### [DESCRIPTION OF THE TASK]
Only one stretch of the records below is wanted: the lines from the one holding "mine h = go (m c) h" through the one holding "(c : Conn) where". Return it exactly, both ends included.

### [STORED DATA]

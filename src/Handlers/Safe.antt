-- ===== src/Handlers/Safe.antt =====
-- What a handler's response says of the database.
use waterloo_star_backend.Common.{
  ℕ, ◌≡◌, refl, sym, ap, subst, ◌∙◌, ◌⊎◌, inl, inr, Option, none, some, ◌∷◌, ltb, Bool-cases,
  Option-cases, length,
}
use waterloo_star_backend.Common.Text.{Text, trim_space}
use waterloo_star_backend.Store.Rows.{
  User, AdminAction, Error, no_rows, self_action, already_suspended, not_suspended,
  already_verified, role_unchanged, last_admin, already_removed, not_removed,
}
use waterloo_star_backend.Store.Conn.{Conn, Result, ok, err, M, ◌>>=◌, pure, throw}
use waterloo_star_backend.Admin.RoleChange.{admins, KeepsAdmin, KeepsAdmin-eq, KeepsAdmin-trans}
use waterloo_star_backend.Admin.Calls.{AdminCall, caller, logged_row, Logs}
use waterloo_star_backend.Handlers.Replies.{
  Message, Response, unrouted, shown, refused, Principal, require_admin, admit, attempt, zero_body,
}
use waterloo_star_backend.Handlers.AdminAccounts.{
  AccountOutcome, account_action, account_refusal, account_response, account_handler, drop,
  get_user_for_admin, min_reason_length,
}
use waterloo_star_backend.Handlers.Reads.{get_user_for_admin-Reads}

-- One row of the principal is new on top of the ledger, and an admin is left if there was one.
abbrev pub OneRow : Principal → Conn → Conn → Type 0
OneRow p c c' =
    (logged : AdminAction) × (c'.db.admin_actions ≡ logged ∷ c.db.admin_actions)
    × (logged.actor_id ≡ some p.user_id)
    × KeepsAdmin c.db c'.db

-- What an action that a handler runs may have done.
abbrev pub Acts : Principal → Conn → Result (Unit {0}) × Conn → Type 0
Acts p c (err e, c') = c'.db ≡ c.db
Acts p c (ok _, c') = OneRow p c c'

-- What a handler may have done, by its response: nothing, where it refuses; one row for the
-- admin who asked, where it shows the result; and either of the two, where the server failed.
abbrev pub IsSafe : {A : Type 0} → Option Principal → Conn → Result (Response A) × Conn → Type 0
IsSafe asked c (err e, c') =
    (c'.db ≡ c.db) ⊎ ((p : Principal) × (require_admin asked ≡ some p) × OneRow p c c')
IsSafe asked c (ok unrouted, c') = (require_admin asked ≡ none) × (c' ≡ c)
IsSafe asked c (ok (refused status body), c') =
    (p : Principal) × (require_admin asked ≡ some p) × (c'.db ≡ c.db)
IsSafe asked c (ok (shown x), c') = (p : Principal) × (require_admin asked ≡ some p) × OneRow p c c'

pub OneRow-read : (p : Principal) (c d e : Conn) → e.db ≡ d.db → OneRow p c d → OneRow p c e
OneRow-read p c d e same (logged, added, by, kept) = (
  logged,
  ap (λ x. x.admin_actions) same ∙ added,
  by,
  KeepsAdmin-trans c.db d.db e.db kept (KeepsAdmin-eq d.db e.db (ap admins same)),
)

pub drop-Acts :
    {A : Type 0} (p : Principal) (call : AdminCall) (m : M (A × AdminAction)) (c : Conn)
    → caller call ≡ some p.user_id
    → Logs call c (logged_row (m c))
    → Acts p c (drop m c)
unfolding ◌>>=◌ pure
drop-Acts {A} p call m c mine h = go (m c) h
  where
    go :
        (r : Result (A × AdminAction) × Conn)
        → Logs call c (logged_row r)
        → Acts p c (drop (λ _. r) c)
    go (err e, c') same = same
    go (ok (x, logged), c') (added, by, at, given, kept) = (logged, added, by ∙ mine, kept)

module _ (asked : Option Principal) (p : Principal) (admitted : require_admin asked ≡ some p)
    (c : Conn) where
  -- What follows the action on an account: a reload, a refusal, or an error of the server.
  abbrev after_account : ℕ → Message → Result (Unit {0}) → M AccountOutcome
  after_account id self_message (ok _) = do
    row ← get_user_for_admin id
    pure (record { outcome = record { status = 200; body = zero_body }; account = some row })
  after_account id self_message (err e) = elim (account_refusal self_message e) [
    | none ↦ throw e
    | some o ↦ pure o
  ]

  abbrev pub answered : M AccountOutcome → M (Response User)
  answered m = do o ← m; pure (account_response o)

  refused_account-IsSafe :
      (self_message : Message) (e : Error) (d : Conn)
      → d.db ≡ c.db
      → IsSafe asked c
          (answered (elim (account_refusal self_message e) [ none ↦ throw e | some o ↦ pure o ]) d)
  unfolding account_refusal account_response ◌>>=◌ pure throw
  refused_account-IsSafe self_message no_rows d same = (p, admitted, same)
  refused_account-IsSafe self_message self_action d same = (p, admitted, same)
  refused_account-IsSafe self_message already_suspended d same = (p, admitted, same)
  refused_account-IsSafe self_message not_suspended d same = (p, admitted, same)
  refused_account-IsSafe self_message already_verified d same = (p, admitted, same)
  refused_account-IsSafe self_message role_unchanged d same = (p, admitted, same)
  refused_account-IsSafe self_message last_admin d same = (p, admitted, same)
  refused_account-IsSafe self_message Error.database d same = inl same
  refused_account-IsSafe self_message Error.unique_violation d same = inl same
  refused_account-IsSafe self_message Error.outside d same = inl same
  refused_account-IsSafe self_message Error.reason_required d same = inl same
  refused_account-IsSafe self_message already_removed d same = inl same
  refused_account-IsSafe self_message not_removed d same = inl same
  refused_account-IsSafe self_message Error.no_takedown d same = inl same

  reloaded-IsSafe :
      (id : ℕ) (self_message : Message) (d : Conn)
      → OneRow p c d
      → IsSafe asked c (answered (after_account id self_message (ok tt)) d)
  unfolding account_response ◌>>=◌ pure
  reloaded-IsSafe id self_message d done =
      go (get_user_for_admin id d) ((get_user_for_admin-Reads id).keeps d)
    where
      go :
          (r : Result User × Conn)
          → r.1.db ≡ d.db
          → IsSafe asked c (
              answered
                (do
                  row ← (λ _. r)
                  pure (record {
                    outcome = record { status = 200; body = zero_body };
                    account = some row;
                  }))
                d)
      go (ok row, e) same = (p, admitted, OneRow-read p c d e same done)
      go (err x, e) same = inr (p, admitted, OneRow-read p c d e same done)

  acted-IsSafe :
      (id : ℕ) (self_message : Message) (m : M (Unit {0}))
      → Acts p c (m c)
      → IsSafe asked c (answered (do r ← attempt m; after_account id self_message r) c)
  unfolding ◌>>=◌ attempt
  acted-IsSafe id self_message m h = go (m c) h
    where
      go :
          (r : Result (Unit {0}) × Conn)
          → Acts p c r
          → IsSafe asked c (answered (after_account id self_message r.0) r.1)
      go (ok _, d) done = reloaded-IsSafe id self_message d done
      go (err e, d) same = refused_account-IsSafe self_message e d same

  pub account_action-IsSafe :
      (id : ℕ) (reason : Option Text) (self_message : Message) (act : ℕ → Text → M (Unit {0}))
      → ((text : Text) → Acts p c (act id text c))
      → IsSafe asked c (answered (account_action id reason self_message act) c)
  unfolding account_action account_response ◌>>=◌ pure
  account_action-IsSafe id none self_message act h = (p, admitted, refl)
  account_action-IsSafe id (some reason) self_message act h =
      elim (Bool-cases (ltb (length (trim_space reason)) min_reason_length)) [
        | inl short ↦ rw short (p, admitted, refl)
        | inr enough ↦ elim (Bool-cases (ltb 1000 (length (trim_space reason)))) [
          | inl long ↦ rw (enough, long) (p, admitted, refl)
          | inr fits ↦
              rw (enough, fits)
                (acted-IsSafe id self_message (act id (trim_space reason)) (h (trim_space reason)))
        ]
      ]

pub admit-IsSafe :
    {A : Type 0} (asked : Option Principal) (rest : Principal → M (Response A)) (c : Conn)
    → ((p : Principal) → require_admin asked ≡ some p → IsSafe asked c (rest p c))
    → IsSafe asked c (admit (require_admin asked) rest c)
unfolding pure
admit-IsSafe asked rest c h = elim (Option-cases (require_admin asked)) [
  | inl stranger ↦ subst (λ o. IsSafe asked c (admit o rest c)) (sym stranger) (stranger, refl)
  | inr (p, admitted) ↦ subst (λ o. IsSafe asked c (admit o rest c)) (sym admitted) (h p admitted)
]

pub account_handler-IsSafe :
    (asked : Option Principal) (id : ℕ) (reason : Option Text) (self_message : Message)
    (act : ℕ → ℕ → Text → M (Unit {0})) (c : Conn)
    → ((p : Principal) (text : Text) → Acts p c (act p.user_id id text c))
    → IsSafe asked c (account_handler asked id reason self_message act c)
unfolding account_handler
account_handler-IsSafe asked id reason self_message act c h = admit-IsSafe asked _ c (λ p admitted.
    account_action-IsSafe asked p admitted c id reason self_message (act p.user_id) (h p))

### [ANSWER BOX]
drop-Acts {A} p call m c mine h = go (m c) h
  where
    go :
        (r : Result (A × AdminAction) × Conn)
        → Logs call c (logged_row r)
        → Acts p c (drop (λ _. r) c)
    go (err e, c') same = same
    go (ok (x, logged), c') (added, by, at, given, kept) = (logged, added, by ∙ mine, kept)

module _ (asked : Option Principal) (p : Principal) (admitted : require_admin asked ≡ some p)
    (c : Conn) where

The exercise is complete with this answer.